Transcribe the data below verbatim from the line with "module _ (fd a : ℕ) where" to the line with "pub pipe : asks_stop". Include both of those lines.

----

-- ===== src/Reactor/Calls/Spared.antt =====
-- What calls on EpollReactor leave of a descriptor that they do not name.
use vpn_service_android.Common.{
  ℕ, ◌≡◌, refl, List, [], ◌∷◌, ◌++◌, Option, none, some, Bool, true, false, ◌==◌, if_both, arith,
}
use vpn_service_android.Reactor.{
  Events, Listener, Stub, Reactor, Status, minus, convert_event, no_events,
}
use vpn_service_android.Reactor.Table.{find, erase, store}
use vpn_service_android.Reactor.Table.Laws.{find-insert, find-erase}
use vpn_service_android.Reactor.Calls.{
  Call, add, del, stop_loop, call, modify_stub, add_found, add_event, shrink_stub, del_listened,
  del_stub, del_found, del_event, stop,
}
use vpn_service_android.Reactor.Calls.Invariant.{IsReactor}

abbrev pub asks_stop : List ℕ → Bool
asks_stop [] = false
asks_stop (c ∷ rest) = c == 1

-- A call on another descriptor than `fd`.
abbrev pub Spares : ℕ → Call → Type 0
Spares fd (add none events l tag ok) = Unit
Spares fd (add (some k) events l tag ok) = (k == fd) ≡ false
Spares fd (del k events ok) = (k == fd) ≡ false
Spares fd (stop_loop ok) = Unit

module _ (fd a : ℕ) where
  -- The stub at `a` stays that of `fd`, untouched; the loop goes on, and a stop that waits is not lost.
  pub record IsSpared (r q : Reactor) : Type 0 where
    pub place : find fd q.table ≡ some a
    pub stub : q.heap a ≡ r.heap a
    pub working : q.working ≡ r.working
    pub pipe : asks_stop r.pipe ≡ true → asks_stop q.pipe ≡ true

  refl-IsSpared : (r : Reactor) → find fd r.table ≡ some a → IsSpared r r
  refl-IsSpared r f = record { place = f; stub = refl; working = refl; pipe = λ h. h }

  modify-IsSpared :
      (r : Reactor) (o : Option Stub) (k b : ℕ) (events : Events) (l : Option Listener) (tag : ℕ)
      (ok : Bool)
      → IsReactor r
      → find fd r.table ≡ some a
      → find k r.table ≡ some b
      → (k == fd) ≡ false
      → IsSpared r (modify_stub o b events l tag ok r).1
  unfolding modify_stub store
  modify-IsSpared r none k b events l tag ok v f g n = record {
    place = f;
    stub = refl;
    working = refl;
    pipe = λ h. h;
  }
  modify-IsSpared r (some s) k b events l tag ok v f g n = record {
    place = f;
    stub = ground (arith, v.tabled fd a f, v.tabled k b g);
    working = refl;
    pipe = λ h. h;
  }

  add-IsSpared :
      (r : Reactor) (o : Option ℕ) (k : ℕ) (events : Events) (l : Option Listener) (tag : ℕ)
      (ok : Bool)
      → IsReactor r
      → find fd r.table ≡ some a
      → find k r.table ≡ o
      → (k == fd) ≡ false
      → IsSpared r (add_found o k events l tag ok r).1
  unfolding add_found store
  add-IsSpared r (some b) k events l tag ok v f g n =
      modify-IsSpared r (r.heap b) k b events l tag ok v f g n
  add-IsSpared r none k events l tag false v f g n = refl-IsSpared r f
  add-IsSpared r none k events l tag true v f g n = record {
    place = ground (arith, find-insert k r.fresh fd r.table g);
    stub = ground (arith, v.tabled fd a f, v.recent r.fresh);
    working = refl;
    pipe = λ h. h;
  }

  shrink-IsSpared :
      (r : Reactor) (s : Stub) (k b : ℕ) (events : Events) (ok : Bool)
      → IsReactor r
      → find fd r.table ≡ some a
      → find k r.table ≡ some b
      → (k == fd) ≡ false
      → IsSpared r (shrink_stub s b k events ok r).1
  unfolding shrink_stub store
  shrink-IsSpared r s k b events ok v f g n =
      if_both (λ (p : Status × Reactor). IsSpared r p.1) ok
        (if_both (λ (p : Status × Reactor). IsSpared r p.1) (no_events left)
          (retired (record new { listener = none })) (written new))
        (written new)
    where
      left : Events
      left = minus s.events events

      new : Stub
      new = record s { events = left; mask = convert_event left }

      apart : (t : Option Stub) → store r.heap b t a ≡ r.heap a
      apart t = ground (arith, v.tabled fd a f, v.tabled k b g)

      written : (t : Stub) → IsSpared r (record r { heap = store r.heap b (some t) })
      written t = record { place = f; stub = apart (some t); working = refl; pipe = λ h. h }

      retired :
          (t : Stub)
          → IsSpared r (record r {
            heap = store r.heap b (some t);
            deleted = r.deleted ++ b ∷ [];
            table = erase k r.table;
          })
      retired t = record {
        place = ground (arith, find-erase k fd r.table v.ordered);
        stub = apart (some t);
        working = refl;
        pipe = λ h. h;
      }

  del-IsSpared :
      (r : Reactor) (o : Option ℕ) (k : ℕ) (events : Events) (ok : Bool)
      → IsReactor r
      → find fd r.table ≡ some a
      → find k r.table ≡ o
      → (k == fd) ≡ false
      → IsSpared r (del_found o k events ok r).1
  unfolding del_found del_stub del_listened
  del-IsSpared r none k events ok v f g n = refl-IsSpared r f
  del-IsSpared r (some b) k events ok v f g n = at_stub (r.heap b)
    where
      listened : (s : Stub) (l : Option Listener) → IsSpared r (del_listened l s b k events ok r).1
      listened s none = refl-IsSpared r f
      listened s (some l) = shrink-IsSpared r s k b events ok v f g n

      at_stub : (o : Option Stub) → IsSpared r (del_stub o b k events ok r).1
      at_stub none = record { place = f; stub = refl; working = refl; pipe = λ h. h }
      at_stub (some s) = listened s s.listener

  asks_more : (xs ys : List ℕ) → asks_stop xs ≡ true → asks_stop (xs ++ ys) ≡ true
  asks_more [] ys h = absurd cc
  asks_more (x ∷ xs) ys h = h

  pub call-IsSpared :
      (c : Call) (r : Reactor)
      → IsReactor r
      → find fd r.table ≡ some a
      → Spares fd c
      → IsSpared r (call c r).1
  unfolding call add_event del_event stop
  call-IsSpared (add none events l tag ok) r v f n = refl-IsSpared r f
  call-IsSpared (add (some k) events l tag ok) r v f n =
      if_both (λ (p : Status × Reactor). IsSpared r p.1) r.has_epoll
        (add-IsSpared r (find k r.table) k events l tag ok v f refl n) (refl-IsSpared r f)
  call-IsSpared (del k events ok) r v f n =
      if_both (λ (p : Status × Reactor). IsSpared r p.1) r.has_epoll
        (del-IsSpared r (find k r.table) k events ok v f refl n) (refl-IsSpared r f)
  call-IsSpared (stop_loop false) r v f n = refl-IsSpared r f
  call-IsSpared (stop_loop true) r v f n = record {
    place = f;
    stub = refl;
    working = refl;
    pipe = asks_more r.pipe (1 ∷ []);
  }
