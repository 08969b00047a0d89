-- ===== src/Reactor/Loop.antt =====
-- reactor/EpollReactor.cpp: dispatchEvent, dispatchCheck, cleanDeletedEvents, start, and the handler of
-- the command pipe.
pub mod Kept
pub mod Safety
pub mod Silence
pub mod Tracks
pub mod Rounds
pub mod Ending
use vpn_service_android.Common.{
  ℕ, zero, suc, ◌+◌, List, [], ◌∷◌, ◌++◌, map, Option, none, some, Bool, true, false, ◌==◌, ltb,
  not, if◌then◌else◌,
}
use vpn_service_android.Reactor.{
  Events, Listener, command, client, Stub, Kind, readable, writable, exception, check, Callback,
  Reactor, Status, success, failure, faulted,
}
use vpn_service_android.Reactor.Table.{store, free_all}
use vpn_service_android.Reactor.Calls.{Call, calls, add_event}

-- CHECK_PERIOD
abbrev pub check_period : ℕ
check_period = 10

-- An answer of epoll_wait for one stub; the bits that the code tests together are one field.
pub record Ready : Type 0 where
  pub stub : ℕ
  pub can_read : Bool
  pub can_write : Bool
  pub broken : Bool

-- What epoll_wait answers: EINTR or EINPROGRESS, another error, or events, with the time behind them.
pub data Wait : Type 0 where
  interrupted bad : Wait
  reported : List Ready → ℕ → Wait

-- The command pipe: a byte 1 stops the loop; when there is nothing to read the call ends.
unfoldable pub read_command : List ℕ → Reactor → Reactor
read_command [] r = r
read_command (c ∷ rest) r = record r { pipe = rest; working = if c == 1 then false else r.working }

abbrev pub addresses : List (ℕ × ℕ) → List ℕ
addresses t = map (λ e. e.1) t

module _ (handlers : List Callback → List Call) where
  unfoldable pub own_event : Kind → Reactor → Reactor
  unfolding read_command
  own_event readable r = read_command r.pipe r
  own_event writable r = r
  own_event exception r = r
  own_event check r = r

  unfoldable pub answer : Kind → Listener → Reactor → Reactor
  unfolding own_event calls
  answer kind command r = own_event kind r
  answer kind (client n) r = (calls (handlers r.log) r).1

  unfoldable pub invoke : Kind → Listener → ℕ → ℕ → Reactor → Reactor
  unfolding answer
  invoke kind l fd tag r =
      answer kind l
        (record r { log = r.log ++ record { kind = kind; fd = fd; to = l; tag = tag } ∷ [] })

  unfoldable pub call_listener : Option Listener → Stub → Kind → Reactor → Reactor
  unfolding invoke
  call_listener none s kind r = r
  call_listener (some l) s kind r = invoke kind l s.fd s.tag r

  unfoldable pub call_stub : Option Stub → Kind → Reactor → Reactor
  unfolding call_listener faulted
  call_stub none kind r = faulted r
  call_stub (some s) kind r = call_listener s.listener s kind r

  unfoldable pub touched : Option Stub → Reactor → Reactor
  unfolding faulted
  touched none r = faulted r
  touched (some s) r = r

  -- `if (stub->listener && ...)`: the stub is read before the bits are tested.
  unfoldable pub call_if : Bool → Kind → ℕ → Reactor → Reactor
  unfolding call_stub touched
  call_if true kind a r = call_stub (r.heap a) kind r
  call_if false kind a r = touched (r.heap a) r

  -- The three tests for one event.
  unfoldable pub dispatch_known : Ready → Reactor → Reactor
  unfolding call_if
  dispatch_known e r =
      let after_read = call_if e.can_read readable e.stub r in
      let after_write = call_if e.can_write writable e.stub after_read in
      call_if e.broken exception e.stub after_write

  unfoldable pub dispatch_listened : Option Listener → Ready → Reactor → Reactor
  unfolding dispatch_known
  dispatch_listened none e r = r
  dispatch_listened (some l) e r = dispatch_known e r

  unfoldable pub dispatch_stub : Option Stub → Ready → Reactor → Reactor
  unfolding dispatch_listened faulted
  dispatch_stub none e r = faulted r
  dispatch_stub (some s) e r = dispatch_listened s.listener e r

  unfoldable pub dispatch_one : Ready → Reactor → Reactor
  unfolding dispatch_stub
  dispatch_one e r = dispatch_stub (r.heap e.stub) e r

  unfoldable pub dispatch_event : List Ready → Reactor → Reactor
  unfolding dispatch_one
  dispatch_event [] r = r
  dispatch_event (e ∷ es) r = dispatch_event es (dispatch_one e r)

  unfoldable pub check_each : List ℕ → Reactor → Reactor
  unfolding call_if
  check_each [] r = r
  check_each (a ∷ xs) r = check_each xs (call_if true check a r)

  -- The stubs are copied before the first handler is called.
  unfoldable pub dispatch_check : Reactor → Reactor
  unfolding check_each
  dispatch_check r = check_each (addresses r.table) r

  unfoldable pub clean_deleted_events : Reactor → Reactor
  unfolding free_all
  clean_deleted_events r = record r { heap = free_all r.deleted r.heap; deleted = [] }

  -- One round of the loop behind a successful epoll_wait, and the time of the last check.
  unfoldable pub round : List Ready → ℕ → ℕ → Reactor → ℕ × Reactor
  unfolding dispatch_event dispatch_check clean_deleted_events
  round ready now last r =
      let dispatched = dispatch_event ready r in
      if ltb (last + check_period) now
      then (now, clean_deleted_events (dispatch_check dispatched))
      else (last, clean_deleted_events dispatched)

  -- The loop over the answers of epoll_wait; whether it has ended, and the reactor.
  unfoldable pub loop : List Wait → ℕ → Reactor → Bool × Reactor
  unfolding round
  loop [] last r = (not r.working, r)
  loop (interrupted ∷ ws) last r = if r.working then loop ws last r else (true, r)
  loop (bad ∷ ws) last r = (true, r)
  loop (reported es now ∷ ws) last r =
      if r.working
      then (let (checked, after) = round es now last r in loop ws checked after)
      else (true, r)

  unfoldable pub start : List Wait → ℕ → Reactor → Status × Bool × Reactor
  unfolding loop
  start ws now r =
      if r.working
      then (failure, true, r)
      else (let ran = loop ws now (record r { working = true }) in (success, ran.0, ran.1))

-- The fields before anything is added, and the constructor with a pipe that is read at `fd`, when
-- epoll accepts it.
abbrev pub no_stubs : Reactor
no_stubs = record {
  has_epoll = true;
  working = false;
  heap = λ a. none;
  fresh = 0;
  table = [];
  deleted = [];
  pipe = [];
  log = [];
  fault = false;
}

unfoldable pub create_reactor : ℕ → Reactor
unfolding add_event
create_reactor fd =
    let reads : Events = record { read = true; write = false; error = false } in
    (add_event (some fd) reads (some command) 0 true no_stubs).1

-- The destructor's walk over the table; `ok` is whether epoll_ctl removes the descriptor.
unfoldable pub destroy : (ℕ → Bool) → List (ℕ × ℕ) → Reactor → Reactor
unfolding store
destroy ok [] r = record r { table = [] }
destroy ok ((fd, a) ∷ t) r =
    let freed = destroy ok t (record r { heap = store r.heap a none }) in
    let kept = destroy ok t r in
    if ok fd then freed else record kept { table = (fd, a) ∷ kept.table }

----

EXERCISE ANSWER =>
module _ (fd a : ℕ) where
  -- The stub at `a` stays that of `fd`, untouched; the loop goes on, and a stop that waits is not lost.
  pub record IsSpared (r q : Reactor) : Type 0 where
    pub place : find fd q.table ≡ some a
    pub stub : q.heap a ≡ r.heap a
    pub working : q.working ≡ r.working
    pub pipe : asks_stop r.pipe ≡ true → asks_stop q.pipe ≡ true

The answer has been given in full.